Monday, November 03, 2008

When Life Begins - The Politics, The Reality

Robert George has done some terrific work on the matter of abortion and the meaning of “person” and when life begins. His latest major work, Embryo, with philosopher Tollefsen is a thoughtful treatment of the biology, law and philosophy of abortion and personhood. One of George’s latest offerings on the issue is worth quoting at length. Addressing the current fad of treating life as a “mystery” he says:

Yet is Speaker Pelosi correct? Is it actually the case that no one can tell you with any degree of authority when the life of a human being actually begins?

No, it is not. Treating the question as some sort of grand mystery, or expressing or feigning uncertainty about it, may be politically expedient, but it is intellectually indefensible. Modern science long ago resolved the question. We actually know when the life of a new human individual begins.

A recently published
white paper, “When does human life begin? A scientific perspective,” offers a thorough discussion of the facts of human embryogenesis and early development, and its conclusion is inescapable: From a purely biological perspective, scientists can identify the point at which a human life begins. The relevant studies are legion. The biological facts are uncontested. The method of analysis applied to the data is universally accepted….

Why, then, do we seem so far from a consensus on questions of abortion and embryo-destructive research?

Perhaps because the debate over when human life begins has never been about the biological facts. It has been about the value we ascribe to human beings at the dawn of their lives. When we debate questions of abortion, assisted reproductive technologies, human embryonic stem cell research and human cloning, we are not really disagreeing about whether human embryos are human beings. The scientific evidence is simply too overwhelming for there to be any real debate on this point. What is at issue in these debates is the question of whether we ought to respect and defend human beings in the earliest stages of their lives. In other words, the question is not about scientific facts; it is about the nature of human dignity and the equality of human beings.

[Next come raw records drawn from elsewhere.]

-- ===== src/Compiler.antt =====
-- crates/hale-compiler: lowering, the optimizer and the cost analysis.
pub mod Ir
pub mod Deps
pub mod Lower
pub mod Optimize
pub mod Fusion
pub mod Cost
pub mod Effects
pub mod BackEnd
pub mod Types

On one side are those who believe that human beings have dignity and rights by virtue of their humanity. They believe that all human beings, irrespective not only of race, ethnicity, and sex, but also irrespective of age, size, and stage of development, are equal in fundamental worth and dignity. The right to life is a human right — therefore all human beings, from the point at which they come into being (conception) to the point at which they cease to be (death), possess it.

A common error these days is for people to convert the question of when a human life begins from a matter of biology to a matter of religious faith or personal belief.... In view of the established facts of human embryogenesis and early intrauterine development, the real question is not whether human beings in the embryonic and fetal stages are human beings. Plainly they are. The question is whether we will honor or abandon our civilizational and national commitment to the equal worth and dignity of all human beings — even the smallest, youngest, weakest, and most vulnerable.

Pushing the issue off as a “mystery” or “above my pay grade” is not only disingenuous, it is dangerous. The political maneuver recently was to brush aside the issue by saying you were personally against it, but publicly for the right of choice. This issue is too important to lay aside or treat as politically unimportant. There are utterly innocent lives we are dealing with, and a culture of life or death we are constructing.